Mistake 3 - Not training, or training only once
Training in generative AI is often reduced to a one-hour webinar on the day of deployment. It's not enough, and everyone knows it - including those who organise it. Mastery of a tool like ChatGPT or Mistral is not acquired by watching a demo. It's built through practice, experimentation and confrontation with real-life use cases linked to each employee's job.
What works: short, repeated training sessions, anchored in the day-to-day tasks of each team, with practical exercises. A lawyer doesn't need to know how a transformer works - he needs to know how to write an effective prompt to analyse a contract. Training by business profile, not by tool, This is a radical change in membership.
Mistake 4 - Ignoring resistance instead of working on it
“My employees don't want to use AI” is a phrase we often hear as an admission of failure. In reality, it is a valuable information that most managers don't delve into deeply enough. Behind any resistance to generative AI, there is almost always one of three things: a fear of losing one's job or perceived value, a legitimate mistrust of the reliability of the outputs, or a lack of understanding of what the tool can actually do for one's daily life.
None of these three resistances can be resolved by talking about innovation.
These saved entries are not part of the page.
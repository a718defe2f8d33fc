-- ===== src/Base/Memory.antt =====
-- Reads of memory through a pointer. A pointer with the bytes that may be read behind it is the list
-- of those bytes; `fault` is a read past them, which C++ leaves undefined.
use Prim.Native.Nat.{ℕ, zero, suc, ◌≤◌, ◌<◌}
use mathlib.Core.Path.{◌≡◌, refl, ap, ◌∙◌}
use mathlib.Core.Logic.{◌≢◌}
use mathlib.Core.Bool.{◌||◌}
use mathlib.Core.List.{List, [], ◌∷◌, ◌++◌}
use native.Mathlib.Omega.{arith}
use afi920_ros2_driver.Base.Bools.{ltb, le→ltb, if◌then◌else◌}
use afi920_ros2_driver.Base.Lists.{
  length, get_or, take, drop, length-append, length-take, length-drop, take_all,
}

pub data Access {ℓ} (A : Type ℓ) : Type ℓ where
  ok : A → Access A
  fault : Access A

infixl 5 ◌>>=◌
abbrev pub ◌>>=◌ {ℓ κ} : {A : Type ℓ} {B : Type κ} → Access A → (A → Access B) → Access B
ok a >>= f = f a
fault >>= f = fault

-- `p[i]`
unfoldable pub byte_at : List ℕ → ℕ → Access ℕ
byte_at [] i = fault
byte_at (x ∷ p) zero = ok x
byte_at (x ∷ p) (suc i) = byte_at p i

pub byte_at-ok : (p : List ℕ) (i : ℕ) → i < length p → byte_at p i ≡ ok (get_or p i 0)
unfolding byte_at
byte_at-ok [] i h = absurd (omega arith)
byte_at-ok (x ∷ p) zero h = refl
byte_at-ok (x ∷ p) (suc i) h = byte_at-ok p i (omega arith)

pub ok-ne-fault {ℓ} : {A : Type ℓ} {m : Access A} {a : A} → m ≡ ok a → m ≢ fault
ok-ne-fault e = λ f. cc

-- `memcpy(dst, src, n)` into an array: both have at least `n` elements.
unfoldable pub memcpy : List ℕ → List ℕ → ℕ → Access (List ℕ)
memcpy dst src n =
    if ltb (length src) n || ltb (length dst) n then fault else ok (take n src ++ drop n dst)

pub memcpy-ok :
    (dst src : List ℕ) (n : ℕ)
    → n ≤ length src
    → n ≤ length dst
    → memcpy dst src n ≡ ok (take n src ++ drop n dst)
unfolding memcpy
memcpy-ok dst src n hs hd = rw (le→ltb (length src) n hs, le→ltb (length dst) n hd)

pub length-memcpy :
    (dst src : List ℕ) (n : ℕ)
    → n ≤ length src
    → n ≤ length dst
    → length (take n src ++ drop n dst) ≡ length dst
length-memcpy dst src n hs hd =
    omega (arith, length-append (take n src) (drop n dst), length-take n src, length-drop n dst)

-- All of a list, to the front.
pub memcpy_whole :
    (dst src : List ℕ)
    → length src ≤ length dst
    → memcpy dst src (length src) ≡ ok (src ++ drop (length src) dst)
memcpy_whole dst src h =
    memcpy-ok dst src (length src) (omega arith) h
    ∙ ap (λ (l : List ℕ). ok (l ++ drop (length src) dst)) (take_all (length src) src refl)

-- A result without a fault that satisfies `P`.
abbrev pub Safe {ℓ} : {A : Type ℓ} → (A → Type 0) → Access A → Type 0
Safe P (ok a) = P a
Safe P fault = ⊥

pub Safe-ne-fault {ℓ} : {A : Type ℓ} (P : A → Type 0) (m : Access A) → Safe P m → m ≢ fault
Safe-ne-fault P (ok a) h = λ e. cc
Safe-ne-fault P fault h = absurd h

pub Safe-bind {ℓ κ} :
    {A : Type ℓ} {B : Type κ} (P : A → Type 0) (Q : B → Type 0) (m : Access A) (f : A → Access B)
    → Safe P m
    → ((a : A) → P a → Safe Q (f a))
    → Safe Q (m >>= f)
Safe-bind P Q (ok a) f s k = k a s
Safe-bind P Q fault f s k = s

-- A step moved out of what follows it, or across the steps before it.
pub bind_after {ℓ κ μ} :
    {A : Type ℓ} {B : Type κ} {C : Type μ} (o : Access A) (f : A → Access C) (g : A → Access B)
    → (h : B → Access C) → ((a : A) → f a ≡ (g a >>= h))
    → (o >>= f) ≡ ((o >>= g) >>= h)
bind_after (ok a) f g h e = e a
bind_after fault f g h e = refl

pub pull_one {ℓ κ μ ν} :
    {A : Type ℓ} {B : Type κ} {C : Type μ} {D : Type ν} (o : Access A) (q : Access B)
    → (f : B → Access C) (k : A → C → Access D)
    → (o >>= λ a. (q >>= f) >>= k a) ≡ (q >>= λ b. o >>= λ a. f b >>= k a)
pull_one (ok a) (ok b) f k = refl
pull_one (ok a) fault f k = refl
pull_one fault (ok b) f k = refl
pull_one fault fault f k = refl

pub pull_two {ℓ κ μ ν ξ} :
    {A : Type ℓ} {B : Type κ} {C : Type μ} {D : Type ν} {E : Type ξ} (o : Access A) (o1 : Access E)
    → (q : Access B) (f : B → Access C) (k : A → E → C → Access D)
    → (o >>= λ a. o1 >>= λ e. (q >>= f) >>= k a e)
      ≡ (q >>= λ b. o >>= λ a. o1 >>= λ e. f b >>= k a e)
pull_two (ok a) o1 q f k = pull_one o1 q f (k a)
pull_two fault o1 (ok b) f k = refl
pull_two fault o1 fault f k = refl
They have to be dealt with transparency about the organisation's intentions, This is achieved by providing a range of tools, concrete examples of how to save time, and - above all - by involving employees in the choice of use cases rather than imposing a top-down tool on them.
Mistake 5: Neglecting legal and compliance risks
The enthusiasm surrounding generative AI has often caught up with legal and compliance teams. In many organisations, employees use consumer AI tools for sensitive tasks - drafting contracts, summarising confidential meetings, analysing customer data - without anyone having assessed the real implications of these practices.
5a - Letting employees choose their own tools
Le Shadow IT existed before AI. With generative AI, it has changed scale. An employee copying and pasting a confidential contract into ChatGPT to summarise it may have just transmitted sensitive data to a US server subject to the Cloud Act, exposing them to reuse for model training, and creating a security incident that the CISO will discover - if he discovers it at all - several months later.
The answer is not to ban. Prohibition without an alternative creates exactly the behaviour it seeks to avoid, only less visibly. The answer is to provide an approved solution that is easy to access and of sufficient quality so that the use of unapproved tools becomes unnecessary. A clear AI policy, tools validated by the team, and honest communication about the reasons for these choices: this is what allows you to regain control.
Error 5b - Believing that the RGPD covers everything
The GDPR is a necessary framework, but it does not answer all the questions posed by generative AI. Intellectual property of outputs, liability in the event of factual error, traceability of AI-assisted decisions, etc. - These are all subjects on which European regulations are still being drafted, and on which your organisation must take a position before being faced with a dispute.
The European AI Act, which is currently being rolled out, will gradually impose obligations according to the level of risk of the systems used. Organisations that have already mapped out their AI uses will have a head start. Those that will discover their obligations at the time of compliance. will pay the price of improvisation.
Do you recognise your organisation in these mistakes? That's what Iterates is for.
These five mistakes are not faults. They are predictable stages in an adoption that has not been sufficiently prepared. The good news: they can all be corrected, The key is to act before bad habits become too entrenched.
Iterates supports organisations in structuring their adoption of AI - from auditing current practices to defining a clear policy, including training teams and choosing the tools best suited to their context. No generic solution: an approach tailored to your reality.